Cerita-cerita semacam ini sudah beredar luas sedari awal tahun 1998
dan menjadi bahan spekulasi politik yang semakin panas di kalangan masyarakat.
Menurut Sumitro, dalam hal ini Soeharto rupanya telah termakan isu yang
diembuskan putra-putrinya—yang di hari-hari terakhir memiliki hubungan yang
semakin buruk dengan Prabowo.
Cerita-cerita
miring boleh jadi meluas dengan cepat, sebab diketahui bahwa di luar istana
terdapat pula sebarisan perwira tinggi ABRI yang memandang dengan penuh
perasaan cemburu terhadap karier Letjen Prabowo yang menanjak dengan pesat.
“Kenaikan pangkat yang cepat dari anak saya itu sudah jelas mengundang
ketidaksenangan bagi beberapa orang.
Kondisi kecemburuan seperti ini sudah
merupakan sifat umum dari manusia di manapun.[1]
Salah satunya yang
tidak lagi menyembunyikan rasa bencinya terhadap Prabowo ialah Pangab Jenderal
Wiranto. Bersama kelompoknya, niscaya Wiranto dalam posisi terus mengintai, dan
bahkan mungkin sebagai pihak yang berusaha mengambil inisiatif. Ia tentu tak
menyia-nyiakan kesempatan begitu melihat ada peluang agar dapat menghempaskan
Prabowo. Wiranto di sekitar tanggal 21 Mei 1998 kabarnya mengeluh kepada mantan
Presiden/Pangti Soeharto mengenai pergerakan Prabowo. Mendengar keluhan itu,
Soeharto langsung “menginstruksikan” agar Prabowo segera dilepaskan dari
pasukan. “Copot saja Prabowo dari Kostrad!” Wiranto, masih menurut sumber yang
sangat dipercaya pula, konon sempat bertanya lagi apakah Prabowo harus dilempar
ke teritorial, ke Irian Jaya, atau entah ke mana? “Ndak usah,
kasih saja pendidikan. Bukankah keluarganya intelektual,” sergah Soeharto,
tampaknya ia hendak menyindir keluarga Sumitro.
Malam hari sebelum
pengumuman, Prabowo menelepon kepada ayahnya memberitahu bahwa ia akan
disingkirkan. “Saya dikhianati,” kata Prabowo.
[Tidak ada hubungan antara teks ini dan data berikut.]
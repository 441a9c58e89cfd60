-- ===== src/Callbacks/Tests.antt =====
-- src/margo-core.c: the theorems at concrete lists of callbacks.
use mochi_margo.Base.{ℕ, ◌≡◌, ◌≢◌, List, [], ◌∷◌, some, arith}
use mochi_margo.Callbacks.Defs.{Callback, push, top, pop, call_all}
use mochi_margo.Callbacks.Laws.{view, head, tail, has_some, stacks_refine, call_all_calls}

-- Callbacks of the owners 1 and 2.
abbrev callbacks : List Callback
callbacks =
    record { owner = 2; callback = 30; uargs = 5 }
    ∷ record { owner = 1; callback = 20; uargs = 4 }
    ∷ []

stacks_refine_example :
    (view 1 (push callbacks 1 40 6) ≡ (40, 6) ∷ view 1 callbacks)
    × (top callbacks 1 ≡ head (view 1 callbacks))
    × ((pop callbacks 1).0 ≡ has_some (view 1 callbacks))
    × (view 1 (pop callbacks 1).1 ≡ tail (view 1 callbacks))
    × ((other : ℕ)
        → other ≢ 1
        → (view other (push callbacks 1 40 6) ≡ view other callbacks)
          × (view other (pop callbacks 1).1 ≡ view other callbacks))
stacks_refine_example = stacks_refine callbacks 1 40 6 (omega arith)

-- The last one that was added is called first.
both_called : call_all (λ c cs. cs) 3 callbacks ≡ some callbacks
both_called = call_all_calls 3 callbacks (omega arith)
Oleh siapa? “Papi nggak percaya
kalau saya bilang, saya dikhianati oleh mertua. Dia bilang kepada Wiranto,
singkirkan saja Prabowo dari pasukan,” tambah Prabowo.
Prabowo tentu saja
sangat kecewa dengan perlakuan keluarga Cendana. Untuk membela diri, Prabowo
menulis surat kepada Soeharto. Tapi, justru surat Prabowo itu dinilai tak
pantas oleh keluarga Cendana.
Tanggal 25 Mei
1998: Letjen Prabowo Subianto resmi dicopot dari Pangkostrad, dan dikirim ke
Bandung untuk menjadi Komandan Sesko ABRI. Tak berapa lama, setelah pemeriksaan
Dewan Kehormatan Perwira (DKP), bahkan karier militer Prabowo diakhiri oleh
Wiranto. Akhirnya, Prabowo memutuskan untuk memilih menjadi pengusaha di luar
negeri, guna menyusun hidup yang baru. Sebelum berangkat, ia sempat melapor
kepada Pangab Jenderal TNI Wiranto, dan kala itu Wiranto sempat berkomentar
singkat, “Ya, sudah pergi saja ke luar, tak apa-apa. Jauhkan pikiran kamu dari
Mahmil!”
Menyaksikan tragedi yang
menimpa Prabowo, tentu saja sebagai orang tua, Sumitro menganggap itu sebagai
cobaan yang berat dalam kehidupan. Tapi, itu tidak lantas membuat keluarga ini
harus merasa terpukul apalagi terpuruk. Dengan suara tetap lantang dan tenang
Sumitro berkata, “Prabowo mesti tetap tabah dan lebih kuat lagi. Masalahnya
bukan ia dipukul, tapi bagaimana ia bisa bertahan. Saya bangga Prabowo tabah.
Ujian buat saya dan isteri saya dalam kehidupan jauh lebih dari itu, habis dari
menteri lalu tiba-tiba jatuh jadi buronan, ha..ha..ha!”
Kepada Prabowo, Sumitro
cuma berujar singkat, “Begini, sekarang kamu dijadikan sasaran macam-macam.
Jangan harapkan teman-teman kamu sendiri akan membantu. Orang yang berhutang
budi terhadap kamu pun bakal meninggalkan kamu. Tapi, dalam keadaan segelap apa
pun niscaya masih ada orang-orang baru yang akan membantu. Jadi harus tabah.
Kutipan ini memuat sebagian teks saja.